High-level diterpene production by transient expression in Nicotiana benthamiana

Abstract

Background: Characterization of plant terpene synthases is typically done by production of recombinant enzymes in Escherichia coli. This is often difficult due to solubility and codon usage issues. Furthermore, plant terpene synthases which are targeted to the plastids, such as diterpene synthases, have to be shortened in a more or less empirical approach to improve expression. We report here an optimized Agrobacterium-mediated transient expression assay in Nicotiana benthamiana for plant diterpene synthase expression and product analysis.

Results: Agrobacterium-mediated transient expression of plant diterpene synthases in N. benthamiana led to the accumulation of diterpenes within 3 days of infiltration and with a maximum at 5 days. Over 50% of the products were exported onto the leaf surface, thus considerably facilitating the analysis by reducing the complexity of the extracts. The robustness of the method was tested by expressing three different plant enzymes, cembratrien-ol synthase from Nicotiana sylvestris, casbene synthase from Ricinus communis and levopimaradiene synthase from Gingko biloba. Furthermore, co-expression of a 1-deoxy-D-xylulose-5-phosphate synthase from tomato and a geranylgeranyl diphosphate synthase from tobacco led to a 3.5-fold increase in the amount of cembratrien-ol produced, with maximum yields reaching 2500 ng/cm2.

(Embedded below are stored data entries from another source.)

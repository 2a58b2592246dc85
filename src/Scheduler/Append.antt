-- ===== src/Scheduler/Append.antt =====
-- The append at the tail of the queue, in `task_queue_push` of src/scheduler.c.
use thread_management_librar.Base.{
  suc, ◌<◌, ◌≡◌, ◌≢◌, refl, false, some, [], ◌∷◌, ◌++◌, arith, length, length-append, size_mod,
  inc_size, if-false, sym,
}
use mathlib.Core.Path.{subst}
use thread_management_librar.Scheduler.Store.{Ptr, null, Task, Store, ◌>>=◌, write}
use thread_management_librar.Scheduler.Commands.{set_next-some, not_null}
use thread_management_librar.Scheduler.Queue.{append_node}
use thread_management_librar.Scheduler.Chain.{
  Cells, has, Chain, IsQueue, last-append, last-ne-null, write_other, ne-last, Chain-link,
}

-- `append_node` puts the node `p` behind the chain `cs`, and changes nothing else.
pub record Appended (s : Store) (cs : Cells) (p : Ptr) (t : Task) (s' : Store) : Type 0 where
  pub valid : IsQueue s' (cs ++ (p, t) ∷ [])
  pub signals : s'.signals ≡ s.signals
  pub capacity : s'.queue.capacity ≡ s.queue.capacity
  pub shutdown : s'.queue.shutdown ≡ s.queue.shutdown
  pub untouched : (a : Ptr) → has a cs ≡ false → s'.node a ≡ s.node a

pub append_node_lem :
    (s : Store) (cs : Cells) (p : Ptr) (t : Task)
    → IsQueue s cs
    → p ≢ null
    → s.node p ≡ some (record { task = t; next = null })
    → has p cs ≡ false
    → suc (length cs) < size_mod
    → (s' : Store) × (append_node p s ≡ some (tt, s')) × Appended s cs p t s'
unfolding append_node
append_node_lem s [] p t q ne at out room = (
  record s { queue = record s.queue { head = p; tail = p; count = inc_size s.queue.count } },
  rw q.tail,
  record {
    valid = record {
      chain = (ne, at, refl, tt);
      head = refl;
      tail = refl;
      counted = rw q.counted;
      fits = room;
    };
    signals = refl;
    capacity = refl;
    shutdown = refl;
    untouched = λ a o. refl;
  },
)
append_node_lem s (c ∷ cs) p t q ne at out room =
    let (u, found, linked) = Chain-link s.node c cs p t q.chain ne out at in
    let live : s.queue.tail ≢ null = rw q.tail (last-ne-null s.node c cs q.chain) in
    let end : s.node s.queue.tail ≡ some (record { task = u; next = null }) = rw q.tail found in
    (
      record s {
        node = write s.node s.queue.tail (some (record { task = u; next = p }));
        queue = record s.queue { tail = p; count = inc_size s.queue.count };
      },
      rw (if-false _ _ _ (not_null _ live), set_next-some s _ live end p, ◌>>=◌),
      record {
        valid = record {
          chain =
              subst
                (λ (e : Ptr).
                  Chain (write s.node e (some (record { task = u; next = p })))
                    (c ∷ cs ++ (p, t) ∷ []))
                (sym q.tail) linked;
          head = q.head;
          tail = sym (last-append (c ∷ cs) p t);
          counted = omega (arith, q.counted, length-append cs ((p, t) ∷ []));
          fits = omega (arith, length-append cs ((p, t) ∷ []));
        };
        signals = refl;
        capacity = refl;
        shutdown = refl;
        untouched = λ a o. write_other s.node a _ _ (rw q.tail (ne-last c cs a o));
      },
    )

Conclusion: With this optimized method for diterpene synthase expression and product analysis, a single infiltrated leaf of N. benthamiana would be sufficient to produce quantities required for the structure elucidation of unknown diterpenes. The method will also be of general use for gene function discovery, pathway reconstitution and metabolic engineering of diterpenoid biosynthesis in plants.

Figure 1

Production of CBT-ol. (A) Total ion chromatograms of hexane washes from agro-infiltrated N. benthamiana leaves co-expressing p19 and NsCBTS2a or the empty T-DNA vector (pL1F-1) as a control. The CBT-ol peak is framed by vertical dashed lines. The α- and β-stereoisomers of CBT-ol could not be separated under standard GC-MS conditions. (B) Total ion chromatograms of total extracts from agro-infiltrated N. benthamiana leaves. The extracts were purified over SPE column prior to GC-MS analysis. (C) CBT-ol content in agro-infiltrated leaves harvested three and five days after transformation of N. benthamiana plants with NsCBTS2a and p19. Hexane washes from the surface of treated leaves (black bars) and hexane extracts from the rest of the leaf material (total extracts, grey bars) were analyzed by GC-MS. No CBT-ol was detected in leaves transformed with the empty T-DNA vector (see Additional file 3). Samples were taken from two N. benthamiana plants, in each case from two infiltrated leaves. Mean CBT-ol values ± standard error of the mean (SEM) are presented (n = 8). There is a statistically significant difference (P < 0.001, two-way-ANOVA) in the mean CBT-ol values regarding the timepoint of sampling post-infiltration. ISTD – internal standard sclareol.

Figure 2

Production of casbene and of levopimaradiene. (A) Total ion chromatograms of hexane washes from N. benthamiana leaves agro-infiltrated with p19 and either the empty T-DNA vector (control) or RcCS or GbLS. Peaks for casbene, levopimaradiene and other novel products (a – e) are indicated. (B) Casbene and levopimaradiene content in hexane washes from leaves agro-infiltrated with p19 and RcCS or GbLS, respectively. Samples were taken five days post-infiltration from two individual N. benthamiana plants, each of them having two completely infiltrated leaves. Mean casbene and levopimaradiene values ± SEM are presented (n = 16, two independent experiments). Sclareol was used as internal standard (ISTD) for quantification.

Figure 3

Increasing expression levels of isoprenoid precursor pathway genes DXS and GGPPS lead to increased CBT-ol production in agro-infiltrated N. benthamiana leaves. (A) CBT-ol content in hexane washes from N. benthamiana leaves co-expressing p19 and NsCBTS2a with SlDXS2 and/or NtGGPPS2 in different combinations. The appropriate Agrobacterium cultures were infiltrated into separate parts of the same N. benthamiana leaf and in two leaves per individual plants. Leaves were harvested five days post-infiltration. Mean CBT-ol values ± SEM are presented (n = 8). Groups indicated by different letters differ significantly from each other regarding their CBT-ol values (P < 0.05, Student’s t-test and one-way ANOVA). ISTD – internal standard sclareol; (B) Full total ion chromatograms demonstrating high CBT-ol peak (dashed lines) when NsCBTS2a was co-expressed with both SlDXS2 and NtGGPPS2. No CBT-ol was detected in leaves agro-infiltrated with the empty T-DNA vector as a control.